Vermintide Is The Best Warhammer Game You’ll Find On Consoles

Vermintide’s an unusual game, to say the least – a dark, intense co-op action game set in the iconic world of Warhammer, now out on console after a year on PC. It definitely gives off a Left 4 Dead vibe, but instead of uzis and rocket launchers, players are treated to an arsenal of medieval, arcane weaponry.

The End Times is without doubt one of the most intriguing sagas concocted under Games Workshop’s banner. Desperately in need of new ideas, the company decided to kill off an entire universe teeming with lore and characters.
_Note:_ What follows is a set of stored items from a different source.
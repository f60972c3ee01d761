-- ===== src/TaskExec/Quota.antt =====
-- What the limiter's two operations do to its counters.
use a2a_go.Base.{
  ℕ, ◌+◌, ◌-◌, ◌≤◌, ◌<◌, String, ℤ, pos, negsuc, Option, none, some, ◌≡◌, refl, sym, ap, subst, ◌∙◌,
  false, inl, inr, arith, if◌then◌else◌, str_eq, eq_iff, Option-cases, Bool-cases, Fault, ok, err,
}
use a2a_go.Base.Maps.{lookup-insert, lookup-remove}
use a2a_go.TaskExec.Limiter.{
  ConcurrencyConfig, ConcurrencyLimiter, is_reached, active, acquire_quota, release_quota,
}

-- what one execution started in a context adds to the count of a scope
abbrev pub share : String → Option String → ℕ
share scope none = 0
share scope (some s) = if str_eq s scope then 1 else 0

-- a limit that is positive is kept
abbrev pub Within : ℤ → ℕ → Type 0
Within (pos limit) n = 0 < limit → n ≤ limit
Within (negsuc _) n = Unit

pub record IsWithinLimits (l : ConcurrencyLimiter) : Type 0 where
  pub total : Within l.config.max_executions l.executions
  pub scoped :
      (get : String → ℤ) (scope : String)
      → l.config.get_max_executions ≡ some get
      → Within (get scope) (active scope l)

below : (limit : ℤ) (n : ℕ) → is_reached limit n ≡ false → Within limit (n + 1)
below (pos limit) n h = λ p. ground arith
below (negsuc _) n h = tt

fewer : (limit : ℤ) (n m : ℕ) → m ≤ n → Within limit n → Within limit m
fewer (pos limit) n m le h = λ p. ground (arith, h p)
fewer (negsuc _) n m le h = tt

pub acquire_quota-config :
    (scope : Option String) (l : ConcurrencyLimiter) → (acquire_quota scope l).1.config ≡ l.config
unfolding acquire_quota
acquire_quota-config none l = elim (Option-cases l.config.get_max_executions) [
  | inl g ↦ ground arith
  | inr (get, g) ↦ ground arith
]
acquire_quota-config (some s) l = elim (Option-cases l.config.get_max_executions) [
  | inl g ↦ ground arith
  | inr (get, g) ↦ ground arith
]

pub acquire_quota_failed :
    (scope : Option String) (l : ConcurrencyLimiter) (e : Fault)
    → (acquire_quota scope l).0 ≡ err e
    → (acquire_quota scope l).1 ≡ l
unfolding acquire_quota
acquire_quota_failed none l e h = elim (Option-cases l.config.get_max_executions) [
  | inl g ↦ ground arith
  | inr (get, g) ↦ ground arith
]
acquire_quota_failed (some s) l e h = elim (Option-cases l.config.get_max_executions) [
  | inl g ↦ ground arith
  | inr (get, g) ↦ ground arith
]

acquire_quota_room :
    (scope : Option String) (l : ConcurrencyLimiter)
    → (acquire_quota scope l).0 ≡ ok tt
    → is_reached l.config.max_executions l.executions ≡ false
unfolding acquire_quota
acquire_quota_room scope l h = ground arith

pub acquire_quota-executions :
    (scope : Option String) (l : ConcurrencyLimiter)
    → (acquire_quota scope l).0 ≡ ok tt
    → (acquire_quota scope l).1.executions ≡ l.executions + 1
unfolding acquire_quota
acquire_quota-executions none l h = elim (Option-cases l.config.get_max_executions) [
  | inl g ↦ ground arith
  | inr (get, g) ↦ ground arith
]
acquire_quota-executions (some s) l h = elim (Option-cases l.config.get_max_executions) [
  | inl g ↦ ground arith
  | inr (get, g) ↦ ground arith
]

pub acquire_quota-active :
    (scope : Option String) (l : ConcurrencyLimiter) (get : String → ℤ) (k : String)
    → l.config.get_max_executions ≡ some get
    → (acquire_quota scope l).0 ≡ ok tt
    → active k (acquire_quota scope l).1 ≡ active k l + share k scope
unfolding acquire_quota active
acquire_quota-active none l get k g h = ground arith
acquire_quota-active (some s) l get k g h =
    let n : ℕ = active s l in
    let m : ℕ = n + 1 in ground (arith, eq_iff s k, lookup-insert s k m l.executions_by_scope)

acquire_quota_scope_room :
    (s : String) (l : ConcurrencyLimiter) (get : String → ℤ)
    → l.config.get_max_executions ≡ some get
    → (acquire_quota (some s) l).0 ≡ ok tt
    → is_reached (get s) (active s l) ≡ false
unfolding acquire_quota
acquire_quota_scope_room s l get g h = ground arith

pub release_quota-active :
    (scope : Option String) (l : ConcurrencyLimiter) (get : String → ℤ) (k : String)
    → l.config.get_max_executions ≡ some get
    → active k (release_quota scope l) ≡ active k l - share k scope
unfolding release_quota active
release_quota-active none l get k g = ground arith
release_quota-active (some s) l get k g =
    let n : ℕ = active s l in
    let m : ℕ = n - 1 in
    ground (
      arith,
      eq_iff s k,
      lookup-insert s k m l.executions_by_scope,
      lookup-remove s k l.executions_by_scope,
    )

scope_room :
    (scope : Option String) (l : ConcurrencyLimiter) (get : String → ℤ) (k : String)
    → l.config.get_max_executions ≡ some get
    → (acquire_quota scope l).0 ≡ ok tt
    → Within (get k) (active k l)
    → Within (get k) (active k l + share k scope)
scope_room none l get k g h w = fewer (get k) (active k l) _ (omega arith) w
scope_room (some s) l get k g h w = elim (Bool-cases (str_eq s k)) [
  | inl e ↦
      let p : s ≡ k = (eq_iff s k).0 e in
      let room = acquire_quota_scope_room s l get g h in
      rw e
        (below (get k) (active k l) (subst (λ x. is_reached (get x) (active x l) ≡ false) p room))
  | inr e ↦ rw e (fewer (get k) (active k l) _ (omega arith) w)
]

pub acquire_quota-IsWithinLimits :
    (scope : Option String) (l : ConcurrencyLimiter)
    → (acquire_quota scope l).0 ≡ ok tt
    → IsWithinLimits l
    → IsWithinLimits (acquire_quota scope l).1
acquire_quota-IsWithinLimits scope l h w =
    let same = acquire_quota-config scope l in
    record {
      total =
          subst (λ c. Within c.max_executions (acquire_quota scope l).1.executions) (sym same)
            (subst (Within l.config.max_executions) (sym (acquire_quota-executions scope l h))
              (below l.config.max_executions l.executions (acquire_quota_room scope l h)));
      scoped = λ get k g.
          let g' : l.config.get_max_executions ≡ some get =
            ap (λ (c : ConcurrencyConfig). c.get_max_executions) (sym same) ∙ g in
          subst (Within (get k)) (sym (acquire_quota-active scope l get k g' h))
            (scope_room scope l get k g' h (w.scoped get k g'));
    }

pub release_quota-executions :
    (scope : Option String) (l : ConcurrencyLimiter)
    → (release_quota scope l).executions ≡ l.executions - 1
unfolding release_quota
release_quota-executions scope l = ground arith

pub release_quota-config :
    (scope : Option String) (l : ConcurrencyLimiter) → (release_quota scope l).config ≡ l.config
unfolding release_quota
release_quota-config scope l = refl

pub release_quota-IsWithinLimits :
    (scope : Option String) (l : ConcurrencyLimiter)
    → IsWithinLimits l
    → IsWithinLimits (release_quota scope l)
release_quota-IsWithinLimits scope l w =
    let same = release_quota-config scope l in
    record {
      total =
          subst (λ c. Within c.max_executions (release_quota scope l).executions) (sym same)
            (subst (Within l.config.max_executions) (sym (release_quota-executions scope l))
              (fewer l.config.max_executions l.executions _ (omega arith) w.total));
      scoped = λ get k g.
          let g' : l.config.get_max_executions ≡ some get =
            ap (λ (c : ConcurrencyConfig). c.get_max_executions) (sym same) ∙ g in
          subst (Within (get k)) (sym (release_quota-active scope l get k g'))
            (fewer (get k) (active k l) _ (omega arith) (w.scoped get k g'));
    }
Vermintide serves up a self-contained chapter in this cataclysmic period of the fantasy world. In southern Reikland, the once grand city of Ubersreik has fallen to a mutated race of rodents called the Skaven. These rat-like humanoids belong to a vast underground empire feeding itself on the dark sorceries of Chaos. They attack in their hundreds – a relentless pack that kills and corrupts everything in its path.

With no Pied Piper to call on, the fate of Ubersreik lies in the hands of five unlikely heroes. Together, this pack of misfits look to thwart the Skaven and retake the town, one landmark at a time. It’s a perilous campaign, and one that has players visiting a diverse spread of locales, from lofty battlements and abandoned streets to the surrounding woodland.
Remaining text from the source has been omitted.